# Recommendations for filling gaps in table top



## jgallow26 (Jan 4, 2018)

Hello all. I am building a bar height table for a customer that they requested be built out of pallets (I know I know). After choosing my boards and planing them all to the same thickness and glueing to a sheet of plywood, I need your opinions on what to use to fill small gaps and nail holes to give a smooth surface. I have to stain the top so I don't know if I should put something in before staining and varnishing or wait till after. I want to give a smooth surface that doesn't catch pens since it is going in a office. Hoping you guys can help me out.


----------



## epicfail48 (Mar 27, 2014)

I wouldn't bother, that table top won't survive very long no matter what you do. You can glue solid wood to plywood like that without seasonal wood movement tearing it to pieces, either the wood will shrink and create massive gaps, or swell and warp the top


----------



## Steve Neul (Sep 2, 2011)

It's true, the boards at the very least will develop major gaps between them. It's very possible the individual boards will crack and also it's likely to cup warp. It's best to stop now and start over before you invest any more work in that top. 

Other than developing gaps between the boards if you had just nailed the wood to the plywood you might have gotten away with it. You just can't glue anything to wood that is going to restrict it from shrinking in width. 

What really needed to be done is joint and size the wood to a uniform width and the pieces glued and clamped into a solid sheet. Then it could be braced from the underside but done in a manor that would allow the wood to expand and contract. Then there would be no gaps between to boards to fill, only the nail holes. If it were solidly glued into a sheet you would have a better chance of it staying together. It's just difficult to say. Pallet wood is a lower grade of wood that isn't kiln dried. If any of the wood is still green it could really come back and bite you. If you are going to use pallet wood I would suggest buying a moisture content meter so you would have a better chance of selecting around wood that was still green. 

To answer your question there are a number of different products you can fill cracks and nail holes with. You could use a wood putty such as Famowood. It comes in a variety of different color to make it easier to stain to the desired color. If you know the finished color you can also mix a universal tinting color to bondo and use that to fill with. You just have to mix the color before adding hardener and make the color a little less red to allow for the red in the hardener.


----------



## jgallow26 (Jan 4, 2018)

Now I'm confused. I was told by two people on another thread that they had no problems with using the same method I did. Also I don't want to hide the cracks and holes. I want them visible, I'm looking for a clear epoxy or something just to fill the holes. Or maybe I leave it alone so it has room to grow. This picture was what the customer sent me so there has to be a way to pull this off.
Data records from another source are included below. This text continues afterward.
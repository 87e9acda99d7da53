-- ===== src/Tests/Skiplists.antt =====
-- A list in place of a skip list, with the laws that the groups rely on.
use mathlib.Core.List.{Permᴰ}
use mathlib.Core.List.Permᴰ as PermD
use mathlib.Core.Option.{none-ne-some, some-injective}
use in5020_distribuerte_syst.Prelude.{
  ◌≡◌, ◌≢◌, refl, sym, ap, ◌∙◌, subst, List, [], ◌∷◌, ◌++◌, Option, none, some, All, gather,
  gather-perm,
}
use in5020_distribuerte_syst.Groups.{Skiplist}

-- A list with the new element in front, searched from there.
module _ {A K : Type 0} (key : A → K) (dec : Discrete K) where
  abbrev pub find_in : List A → K → Option A
  find_in [] k = none
  find_in (x ∷ xs) k =
      let rest = find_in xs k in elim (dec (key x) k) [ yes _ ↦ some x | no _ ↦ rest ]

  abbrev pub unless : K → A → List A
  unless k x = elim (dec (key x) k) [ yes _ ↦ [] | no _ ↦ x ∷ [] ]

  abbrev pub erase_in : List A → K → List A
  erase_in xs k = gather (unless k) xs

  pub find_in-some :
      (xs : List A) (k : K) (a : A)
      → find_in xs k ≡ some a
      → (key a ≡ k) × (rest : List A) × Permᴰ xs (a ∷ rest)
  find_in-some [] k a h = absurd (none-ne-some a h)
  find_in-some (x ∷ xs) k a h = pick (dec (key x) k) h (find_in-some xs k a)
    where
      pick :
          (o : Dec (key x ≡ k))
          → elim o [ yes _ ↦ some x | no _ ↦ find_in xs k ] ≡ some a
          → (find_in xs k ≡ some a → (key a ≡ k) × (rest : List A) × Permᴰ xs (a ∷ rest))
          → (key a ≡ k) × (rest : List A) × Permᴰ (x ∷ xs) (a ∷ rest)
      pick (yes p) e ih =
          let q = some-injective x a e in (ap key (sym q) ∙ p, xs, Permᴰ.cons q (PermD.refl xs))
      pick (no _) e ih =
          let (same, rest, p) = ih e in
          (same, x ∷ rest, Permᴰ.trans (Permᴰ.cons refl p) (Permᴰ.swap refl refl))

  pub find_in-none : (xs : List A) (k : K) → find_in xs k ≡ none → All (λ a. key a ≢ k) xs
  find_in-none [] k h = tt
  find_in-none (x ∷ xs) k h = pick (dec (key x) k) h (find_in-none xs k)
    where
      pick :
          (o : Dec (key x ≡ k))
          → elim o [ yes _ ↦ some x | no _ ↦ find_in xs k ] ≡ none
          → (find_in xs k ≡ none → All (λ a. key a ≢ k) xs)
          → All (λ a. key a ≢ k) (x ∷ xs)
      pick (yes p) e ih = absurd (none-ne-some x (sym e))
      pick (no n) e ih = (n, ih e)

  unless-same : (k : K) (x : A) → key x ≡ k → unless k x ≡ []
  unless-same k x p = pick (dec (key x) k)
    where
      pick : (o : Dec (key x ≡ k)) → elim o [ yes _ ↦ [] | no _ ↦ x ∷ [] ] ≡ []
      pick (yes _) = refl
      pick (no n) = absurd (n p)

  unless-other : (k : K) (x : A) → key x ≢ k → unless k x ≡ x ∷ []
  unless-other k x n = pick (dec (key x) k)
    where
      pick : (o : Dec (key x ≡ k)) → elim o [ yes _ ↦ [] | no _ ↦ x ∷ [] ] ≡ x ∷ []
      pick (yes p) = absurd (n p)
      pick (no _) = refl

  erase_in-others : (k : K) (xs : List A) → All (λ b. k ≢ key b) xs → erase_in xs k ≡ xs
  erase_in-others k [] a = refl
  erase_in-others k (x ∷ xs) a =
      ap (λ l. l ++ erase_in xs k) (unless-other k x (λ p. a.0 (sym p)))
      ∙ ap (λ l. x ∷ l) (erase_in-others k xs a.1)

  pub erase_in-perm :
      (xs : List A) (a : A) (rest : List A)
      → Permᴰ xs (a ∷ rest)
      → All (λ b. key a ≢ key b) rest
      → Permᴰ (erase_in xs (key a)) rest
  erase_in-perm xs a rest p n =
      subst (Permᴰ (erase_in xs (key a)))
        (ap (λ l. l ++ erase_in rest (key a)) (unless-same (key a) a refl)
          ∙ erase_in-others (key a) rest n)
        (gather-perm (unless (key a)) p)

  abbrev pub listed : Skiplist key
  listed = record {
    find = find_in;
    put = λ xs a. a ∷ xs;
    erase = erase_in;
    find-some = find_in-some;
    find-none = find_in-none;
    erase-perm = erase_in-perm;
    put-perm = λ xs a _. PermD.refl (a ∷ xs);
  }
I'm not looking for a perfect smooth top.


----------



## Steve Neul (Sep 2, 2011)

jgallow26 said:


> Now I'm confused. I was told by two people on another thread that they had no problems with using the same method I did. Also I don't want to hide the cracks and holes. I want them visible, I'm looking for a clear epoxy or something just to fill the holes. Or maybe I leave it alone so it has room to grow. This picture was what the customer sent me so there has to be a way to pull this off. I'm not looking for a perfect smooth top.
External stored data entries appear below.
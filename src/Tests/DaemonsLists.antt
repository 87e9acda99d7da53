-- ===== src/Tests/DaemonsLists.antt =====
-- A list of daemons in place of a skip list, searched with the comparison of daemon/groups.c.
use mathlib.Core.List.{Permᴰ}
use mathlib.Core.List.Permᴰ as PermD
use mathlib.Core.Bool.{true≢false}
use mathlib.Core.Option.{none-ne-some, some-injective}
use native.Mathlib.Decide.{ℕ_discrete}
use in5020_distribuerte_syst.Prelude.{
  ℕ, ◌≡◌, ◌≢◌, refl, sym, ap, ◌∙◌, subst, Bool, true, false, ◌==◌, if◌then◌else◌, List, [], ◌∷◌,
  Option, none, some, ◌>>=◌, All, ℤ, pos, negsuc, Bool-cases, Option-cases, inl, inr, ==_iff,
  >>=-some,
}
use in5020_distribuerte_syst.Conf.{Proc}
use in5020_distribuerte_syst.Groups.{DaemonMembers, DaemonsList, compare_proc_ids_by_conf}
use in5020_distribuerte_syst.Tests.Skiplists.{erase_in, erase_in-perm}

abbrev is_zero : ℤ → Bool
is_zero (pos n) = n == 0
is_zero (negsuc n) = false

is_zero-pos : (c : ℤ) → is_zero c ≡ true → c ≡ pos 0
is_zero-pos (pos n) h = ap pos ((==_iff n 0).0 h)
is_zero-pos (negsuc n) h = absurd (true≢false (sym h))

-- What a comparison decides.
abbrev pick : DaemonMembers → Option (Option DaemonMembers) → ℤ → Option (Option DaemonMembers)
pick d rest c = if is_zero c then some (some d) else rest

module _ (table : List Proc) where
  abbrev pub find_daemon : List DaemonMembers → ℕ → Option (Option DaemonMembers)
  find_daemon [] id = some none
  find_daemon (d ∷ ds) id =
      let rest = find_daemon ds id in compare_proc_ids_by_conf table d.proc_id id >>= pick d rest

  pub find_daemon-Returns :
      (ds : List DaemonMembers) (id : ℕ)
      → All (λ d. (c : ℤ) × (compare_proc_ids_by_conf table d.proc_id id ≡ some c)) ds
      → (o : Option DaemonMembers) × (find_daemon ds id ≡ some o)
  find_daemon-Returns [] id a = (none, refl)
  find_daemon-Returns (d ∷ ds) id ((c, e), a) = elim (Bool-cases (is_zero c)) [
    | inl z ↦ (some d, rw (e, z) refl)
    | inr n ↦ let (o, f) = find_daemon-Returns ds id a in (o, rw (e, n) f)
  ]

  pub find_daemon-some :
      (ds : List DaemonMembers) (id : ℕ) (d : DaemonMembers)
      → find_daemon ds id ≡ some (some d)
      → (compare_proc_ids_by_conf table d.proc_id id ≡ some (pos 0))
        × (rest : List DaemonMembers) × Permᴰ ds (d ∷ rest)
  find_daemon-some [] id d h = absurd (none-ne-some d (some-injective _ _ h))
  find_daemon-some (b ∷ ds) id d h =
      elim (Option-cases (compare_proc_ids_by_conf table b.proc_id id)) [
        | inl e ↦ absurd (none-ne-some _ (sym (ap (λ o. o >>= pick b (find_daemon ds id)) e) ∙ h))
        | inr (c, e) ↦
            let h' : pick b (find_daemon ds id) c ≡ some (some d) =
              sym (ap (λ o. o >>= pick b (find_daemon ds id)) e) ∙ h in
            elim (Bool-cases (is_zero c)) [
              | inl z ↦
                  let same : b ≡ d =
                    some-injective _ _ (some-injective _ _ (sym (rw z refl) ∙ h')) in
                  (
                    subst (λ k. compare_proc_ids_by_conf table k.proc_id id ≡ some (pos 0)) same
                        (e ∙ ap some (is_zero-pos c z)),
                    ds,
                    Permᴰ.cons same (PermD.refl ds),
                  )
              | inr n ↦
                  let (q, rest, p) = find_daemon-some ds id d (sym (rw n refl) ∙ h') in
                  (q, b ∷ rest, Permᴰ.trans (Permᴰ.cons refl p) (Permᴰ.swap refl refl))
            ]
      ]

  pub find_daemon-none :
      (ds : List DaemonMembers) (id : ℕ)
      → find_daemon ds id ≡ some none
      → All (λ d. compare_proc_ids_by_conf table d.proc_id id ≢ some (pos 0)) ds
  find_daemon-none [] id h = tt
  find_daemon-none (b ∷ ds) id h =
      elim (Option-cases (compare_proc_ids_by_conf table b.proc_id id)) [
        | inl e ↦ absurd (none-ne-some _ (sym (ap (λ o. o >>= pick b (find_daemon ds id)) e) ∙ h))
        | inr (c, e) ↦
            let h' : pick b (find_daemon ds id) c ≡ some none =
              sym (ap (λ o. o >>= pick b (find_daemon ds id)) e) ∙ h in
            elim (Bool-cases (is_zero c)) [
              | inl z ↦ absurd (none-ne-some b (sym (some-injective _ _ (sym (rw z refl) ∙ h'))))
              | inr n ↦ (
                λ q. true≢false (sym (ap is_zero (some-injective _ _ (sym e ∙ q))) ∙ n),
                find_daemon-none ds id (sym (rw n refl) ∙ h'),
              )
            ]
      ]

  abbrev pub listed_daemons : DaemonsList table
  listed_daemons = record {
    find = find_daemon;
    put = λ ds d. find_daemon ds d.proc_id >>= λ _. some (d ∷ ds);
    erase = erase_in (λ d. d.proc_id) ℕ_discrete;
    find-Returns = find_daemon-Returns;
    find-some = find_daemon-some;
    find-none = find_daemon-none;
    erase-perm = erase_in-perm (λ d. d.proc_id) ℕ_discrete;
    put-perm = λ ds d f. (d ∷ ds, >>=-some _ _ none _ f refl, PermD.refl (d ∷ ds));
  }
The problem is you can build most anything and have it look great. Then over time it goes to H. One of the worst things you can do when you make something to sell is to have something go bad and have them bring it back to you. Not only does it cost you, it gives you a bad reputation even if you replace the table with another new one. Gluing solid wood to plywood is just breaking a basic woodworking rule and to do so you invite the project to go south on you. Maybe you might get lucky and nothing will happen but I feel like I should warn you. 

It's just a basic rule of woodworking that wood shrinks the more it dries. Even kiln dried lumber will shrink the more it dries. It just never completely dries so you have to build a project in a manor to allow it to do that. Some of these guys will build a table with a breadboard end and glue the end on. Then they start asking questions as to why the top is splitting. You just can't do anything that restricts the wood movement. 
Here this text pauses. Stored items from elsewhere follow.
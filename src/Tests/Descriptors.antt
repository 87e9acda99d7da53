-- ===== src/Tests/Descriptors.antt =====
-- daemon/events.c, the descriptors, on a small input.
use in5020_distribuerte_syst.Prelude.{
  ℕ, ◌≡◌, refl, [], ◌∷◌, none, some, pos, arith, true, false, ◌≢◌,
}
use in5020_distribuerte_syst.Events.Descriptors.{
  FdEvent, Descriptors, attach_fd, detach_fd, activate_fd, deactivate_fd, set_active_threshold,
  num_active,
}
use in5020_distribuerte_syst.Events.Descriptors.Counts.{
  count, IsCounted, AllCounted, Returns, change-Returns,
}
use in5020_distribuerte_syst.Events.Descriptors.Attach.{attach_fd-Returns}
use in5020_distribuerte_syst.Events.Descriptors.Masks.{
  IsTyped, AllTyped, IsThreshold, set_active_threshold-IsThreshold,
}

abbrev event : ℕ → FdEvent
event n = record { fd = n; fd_type = 0; func = 1; code = 0; arg = 0; active = true }

abbrev watching : Descriptors
watching = record {
  fd_queue =
      record { num_active_fds = 1; events = event 4 ∷ record (event 5) { active = false } ∷ [] }
      ∷ record { num_active_fds = 0; events = [] }
      ∷ record { num_active_fds = 1; events = event 6 ∷ [] }
      ∷ [];
  fd_mask = λ t fd. false;
  active_priority = 0;
}

watching-AllCounted : AllCounted watching.fd_queue
unfolding AllCounted IsCounted count
watching-AllCounted = (refl, (refl, (refl, tt)))

watching-IsTyped : IsTyped watching.fd_queue
unfolding IsTyped AllTyped
watching-IsTyped = ((omega arith, (omega arith, tt)), (tt, ((omega arith, tt), tt)))

num_active-watching : num_active (pos 2) watching ≡ some (pos 1)
unfolding num_active
num_active-watching = refl

-- The guard lets the priority 3 pass, which is outside the array.
num_active-outside : num_active (pos 3) watching ≡ none
unfolding num_active
num_active-outside = refl

zero_is_not_three : pos 0 ≢ pos 3
zero_is_not_three = cc

one_is_not_three : pos 1 ≢ pos 3
one_is_not_three = cc

two_is_not_three : pos 2 ≢ pos 3
two_is_not_three = cc

change-Returns_example :
    Returns (detach_fd 4 (pos 0) watching)
    × Returns (deactivate_fd 4 (pos 0) watching)
    × Returns (activate_fd 4 (pos 0) watching)
change-Returns_example =
    change-Returns 4 (pos 0) watching zero_is_not_three refl watching-AllCounted

attach_fd-Returns_example : Returns (attach_fd 1024 (pos 7) (pos 1) 2 0 0 (pos 2) watching)
attach_fd-Returns_example =
    attach_fd-Returns 1024 (pos 7) (pos 1) 2 0 0 (pos 2) watching two_is_not_three one_is_not_three
      refl watching-AllCounted

set_active_threshold-IsThreshold_example :
    (s' : Descriptors) × (set_active_threshold (pos 2) watching ≡ some (pos 2, s'))
    × IsThreshold 2 watching s'
set_active_threshold-IsThreshold_example =
    set_active_threshold-IsThreshold 2 watching (omega arith) (λ e. absurd (omega (arith, e)))
      watching-IsTyped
The places that sell a pour on epoxy finish have a filler epoxy which you could fill voids with. It has a thicker consistency so it wouldn't just run out like the pour on epoxy would.


----------



## Quickstep (Apr 10, 2012)

Is there any chance that you glued the boards to the plywood using epoxy?


If you did, I *might* feel better about its chances if it were completely encapsulated in epoxy. Underside (if glued with epoxy), top and ends


----------